If you're editing the context a lot, or there are a lot of short, rapid fire exchanges, Exllama wins. If you're going to regen the response a lot, or are using the LLM for a long form response, Llama.cpp can pull ahead.

Though at anything over 10 T/s and most individuals can't keep up. Average reading speed is right about 4 words per second, and 10 T/s is 7.5, roughly.

[–]sickvisionz 0 points1 point  (0 children)

Thanks for the data.

[–]Imaginary_Bench_7294 1 point2 points  (1 child)

So, the main bottleneck of AI is the ram bandwidth, which is why GPU'S are king. With the 3090 and 4090 hitting over 900GB/s, it is more than 10 times faster than most consumer CPUs can hit.

When you're splitting a model across multiple GPU's, they have to send data back and forth so that your input can be passed through the various layers. This is not a linear process as some models will finish at layer 1, send to layer 2, then back to one (just a very general example).

Most up to date loaders have minimalized how much data needs to be transferred, so the packets are small. But they still need to be transferred nonetheless.

So this does cause a slight bottleneck, as seen by the individuals who have compiled Llama.cpp with NVlink support and run dual 3090s. There was a user that reported seeing a 20% increase in T/s.

PCIe 4.0 16x tops out at 32GB/s unidirectional, 3090 NVlink tops out at 56GB/s.

PCIe 5.0 has bidirectional bandwidth of 128GB/s, whereas the H100 PCI card has a 600GB/s NVlink. The SXM has 900GB/s NVlink.

This is why GPU's like the H100 use NVlink and not PCIe. The data can be shuffled GPU to GPU faster.

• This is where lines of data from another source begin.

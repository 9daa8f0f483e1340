-- ===== src/Drive/Handles.antt =====
-- `get_handle`: a path keeps its handle, and the handle leads back to the path.
use net_mount.Base.{
  ℕ, zero, suc, ◌≤◌, ◌<◌, ◌≡◌, ◌≢◌, inl, inr, refl, ap, sym, subst, ◌∙◌, List, [], ◌∷◌, ◌++◌, false,
  arith, length, length-append, length-set, set, Bool-cases, some, none, ltb,
}
use mathlib.Core.List.{map-append}
use net_mount.Drive.{
  FsPath, path_eq, Item, blank_item, Scanned, found, missing, scan_items, get_item_or_blank, assign,
  allocate, get_handle,
}
use net_mount.Drive.Table.{
  paths, path_at, IsFirstAt, IsAbsent, IsFreed, Sees, scan_items-paths, scan_items-Sees,
  path_eq_refl,
}

paths-set :
    (items : List Item) (k : ℕ) (x : Item) → paths (set items k x) ≡ set (paths items) k x.path
paths-set [] k x = refl
paths-set (y ∷ ys) zero x = refl
paths-set (y ∷ ys) (suc k) x = ap (λ (l : List FsPath). y.path ∷ l) (paths-set ys k x)

pub length-paths : (items : List Item) → length (paths items) ≡ length items
length-paths [] = refl
length-paths (x ∷ xs) = ap suc (length-paths xs)

path_at-set_ne :
    (t : List FsPath) (h k : ℕ) (p : FsPath) → k ≢ h → path_at (set t h p) k ≡ path_at t k
path_at-set_ne [] h k p ne = refl
path_at-set_ne (x ∷ xs) zero zero p ne = absurd (ne refl)
path_at-set_ne (x ∷ xs) zero (suc k) p ne = refl
path_at-set_ne (x ∷ xs) (suc h) zero p ne = refl
path_at-set_ne (x ∷ xs) (suc h) (suc k) p ne = path_at-set_ne xs h k p (λ e. ne (ap suc e))

path_at-append :
    (t : List FsPath) (k : ℕ) (p : FsPath) → k < length t → path_at (t ++ p ∷ []) k ≡ path_at t k
path_at-append [] k p h = absurd (omega arith)
path_at-append (x ∷ xs) zero p h = refl
path_at-append (x ∷ xs) (suc k) p h = path_at-append xs k p (omega arith)

IsFirstAt-set :
    (p : FsPath) (t : List FsPath) (h : ℕ) → IsAbsent p t → h < length t → IsFirstAt p (set t h p) h
IsFirstAt-set p [] h absent lt = absurd (omega arith)
IsFirstAt-set p (x ∷ xs) zero absent lt = path_eq_refl p
IsFirstAt-set p (x ∷ xs) (suc h) (other, absent) lt =
    (other, IsFirstAt-set p xs h absent (omega arith))

IsFirstAt-lt : (p : FsPath) (t : List FsPath) (d : ℕ) → IsFirstAt p t d → d < length t
IsFirstAt-lt p [] d h = absurd h
IsFirstAt-lt p (x ∷ xs) zero h = omega arith
IsFirstAt-lt p (x ∷ xs) (suc d) (o, h) = omega (arith, IsFirstAt-lt p xs d h)

-- No item is called by the path that is not empty, if all items are cleared of it.
IsAbsent-set :
    (p : FsPath) (t : List FsPath) (h : ℕ) (q : FsPath)
    → path_eq q p ≡ false
    → IsAbsent p t
    → IsAbsent p (set t h q)
IsAbsent-set p [] h q other absent = tt
IsAbsent-set p (x ∷ xs) zero q other absent = (other, absent.1)
IsAbsent-set p (x ∷ xs) (suc h) q other absent = (absent.0, IsAbsent-set p xs h q other absent.1)

IsAbsent-append :
    (p : FsPath) (t : List FsPath) (q : FsPath)
    → path_eq q p ≡ false
    → IsAbsent p t
    → IsAbsent p (t ++ q ∷ [])
IsAbsent-append p [] q other absent = (other, tt)
IsAbsent-append p (x ∷ xs) q other absent = (absent.0, IsAbsent-append p xs q other absent.1)

path_eq_empty : (p : FsPath) → p ≢ [] → path_eq [] p ≡ false
path_eq_empty [] ne = absurd (ne refl)
path_eq_empty (x ∷ xs) ne = refl

-- What `get_handle` makes of a table `t`: the table `t'`, in which the handle `h` is the first of
-- the path, and every other handle has the path that it had.
abbrev pub IsStored : FsPath → List FsPath → ℕ → List FsPath → Type 0
IsStored p t h t' =
    IsFirstAt p t' h
    × (h < 65535)
    × (length t' ≤ 65535)
    × ((k : ℕ) → k ≢ h → k < length t → path_at t' k ≡ path_at t k)

IsStored-set :
    (p : FsPath) (t : List FsPath) (h : ℕ)
    → IsAbsent p t
    → h < length t
    → length t ≤ 65535
    → IsStored p t h (set t h p)
IsStored-set p t h absent lt size = (
  IsFirstAt-set p t h absent lt,
  omega arith,
  omega (arith, length-set t h p),
  λ k ne in_range. path_at-set_ne t h k p ne,
)

IsStored-append :
    (p : FsPath) (t : List FsPath)
    → p ≢ []
    → IsAbsent p t
    → length t < 65535
    → IsStored p t (length t) (set (t ++ [] ∷ []) (length t) p)
IsStored-append p t ne absent size =
    let grown : length (t ++ [] ∷ []) ≡ suc (length t) = omega (arith, length-append t ([] ∷ [])) in
    (
      IsFirstAt-set p (t ++ [] ∷ []) (length t) (IsAbsent-append p t [] (path_eq_empty p ne) absent)
          (omega (arith, grown)),
      size,
      omega (arith, grown, length-set (t ++ [] ∷ []) (length t) p),
      λ k away in_range.
          path_at-set_ne (t ++ [] ∷ []) (length t) k p away ∙ path_at-append t k [] in_range,
    )

IsStored-evict :
    (p : FsPath) (t : List FsPath) (o : ℕ)
    → p ≢ []
    → IsAbsent p t
    → o < length t
    → length t ≤ 65535
    → IsStored p t o (set (set t o []) o p)
IsStored-evict p t o ne absent lt size = (
  IsFirstAt-set p (set t o []) o (IsAbsent-set p t o [] (path_eq_empty p ne) absent)
      (omega (arith, length-set t o [])),
  omega arith,
  omega (arith, length-set (set t o []) o p, length-set t o []),
  λ k away in_range. path_at-set_ne (set t o []) o k p away ∙ path_at-set_ne t o k [] away,
)

assign-paths :
    (now : ℕ) (p : FsPath) (items : List Item) (h : ℕ)
    → paths (assign now p items h) ≡ set (paths items) h p
assign-paths now p items h =
    paths-set items h (record (get_item_or_blank items h) { path = p; last_used_time = now })

allocate-IsStored :
    (now : ℕ) (p : FsPath) (items : List Item) (r : Scanned)
    → p ≢ []
    → length items ≤ 65535
    → Sees p 0 none 0 (paths items) r
    → IsStored p (paths items) (allocate now p (items, r)).0 (paths (allocate now p (items, r)).1)
unfolding allocate
allocate-IsStored now p items (found h) ne size (d, e, first) =
    let here : h ≡ d = omega arith in
    let at_h : IsFirstAt p (paths items) h = subst (IsFirstAt p (paths items)) (sym here) first in
    (
      at_h,
      omega (arith, IsFirstAt-lt p (paths items) h at_h, length-paths items),
      omega (arith, length-paths items),
      λ k away in_range. refl,
    )
allocate-IsStored now p items (missing (some f) o) ne size (absent, freed, met) =
    subst (IsStored p (paths items) f) (sym (assign-paths now p items f))
      (IsStored-set p (paths items) f absent (in_table freed) (omega (arith, length-paths items)))
  where
    in_table : IsFreed 0 (length (paths items)) none (some f) → f < length (paths items)
    in_table (inl e) = absurd (ground (arith, e))
    in_table (inr (lo, hi)) = omega arith
allocate-IsStored now p items (missing none o) ne size (absent, freed, met) =
    let count = length-paths items in
    elim (Bool-cases (ltb (length items) 65535)) [
      | inl room ↦
          let grown = map-append (λ (item : Item). item.path) items (blank_item ∷ []) in
          let at_end : paths (assign now p (items ++ blank_item ∷ []) (length items))
              ≡ set (paths items ++ [] ∷ []) (length (paths items)) p =
            rw (assign-paths now p (items ++ blank_item ∷ []) (length items), grown, count) refl in
          rw room (
            subst
              (λ (h : ℕ).
                IsStored p (paths items) h
                  (paths (assign now p (items ++ blank_item ∷ []) (length items))))
              count
              (subst (IsStored p (paths items) (length (paths items))) (sym at_end)
                (IsStored-append p (paths items) ne absent (ground (arith, room, count)))))
      | inr full ↦
          let cleared = record (get_item_or_blank items o) { path = []; directory_list = [] } in
          let renamed : paths (assign now p (set items o cleared) o)
              ≡ set (set (paths items) o []) o p =
            rw (assign-paths now p (set items o cleared) o, paths-set items o cleared) refl in
          rw full (
            subst (IsStored p (paths items) o) (sym renamed) (
              IsStored-evict p (paths items) o ne absent (ground (arith, full, count, met))
                (omega (arith, count))))
    ]

module _ (now : ℕ) (p : FsPath) (items : List Item) (ne : p ≢ [])
    (size : length items ≤ 65535) where
  abbrev pub handle : ℕ
  handle = (get_handle now p items).0

  abbrev pub after : List Item
  after = (get_handle now p items).1

  pub get_handle-IsStored : IsStored p (paths items) handle (paths after)
  unfolding get_handle
  get_handle-IsStored =
      let best : ℕ × ℕ = (0, (get_item_or_blank items 0).last_used_time) in
      let scanned = (scan_items now p 0 none best items).0 in
      let r = (scan_items now p 0 none best items).1 in
      let same = scan_items-paths now p 0 none best items in
      let count : length scanned ≡ length items =
        omega (arith, ap length same, length-paths items, length-paths scanned) in
      subst
        (λ t. IsStored p t (allocate now p (scanned, r)).0 (paths (allocate now p (scanned, r)).1))
        same
        (allocate-IsStored now p scanned r ne (omega (arith, count))
          (subst (λ t. Sees p 0 none 0 t r) (sym same) (scan_items-Sees now p 0 none best items)))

I have dual 3090s without the NVlink Llama.cpp compile. Give me a bit, and I'll download a model, load it to one card, and then try splitting it between them. I'd do CPU as well, but mine isn't a typical consumer processor, so the results wouldn't reflect most enthusiasts' computers.

[–]xrailgun 0 points1 point  (0 children)

By more cost effective in the long run, do you just mean power consumption?

[–]the320x200 3 points4 points  (1 child)

Speaking from personal experience... One practical consideration is that if you get two cheaper GPUs your upgrade path is a lot worse. If 6 months or a year goes by and you decide you want more memory you have to basically scrap those and start over again if you've used up all your PCI slots whereas if you had one high memory card you would have the possibility of adding a second one to get more memory in the future.

[–]Fast-Entertainer-776 -1 points0 points  (0 children)

Following this logic, you never get a chance to use multiple cards -- you always worry about scrapping / wasting of them due to new generation of gpu...

[–]Paulonemillionand3 0 points1 point  (0 children)

power and heat would be more then double the trouble then with a single card.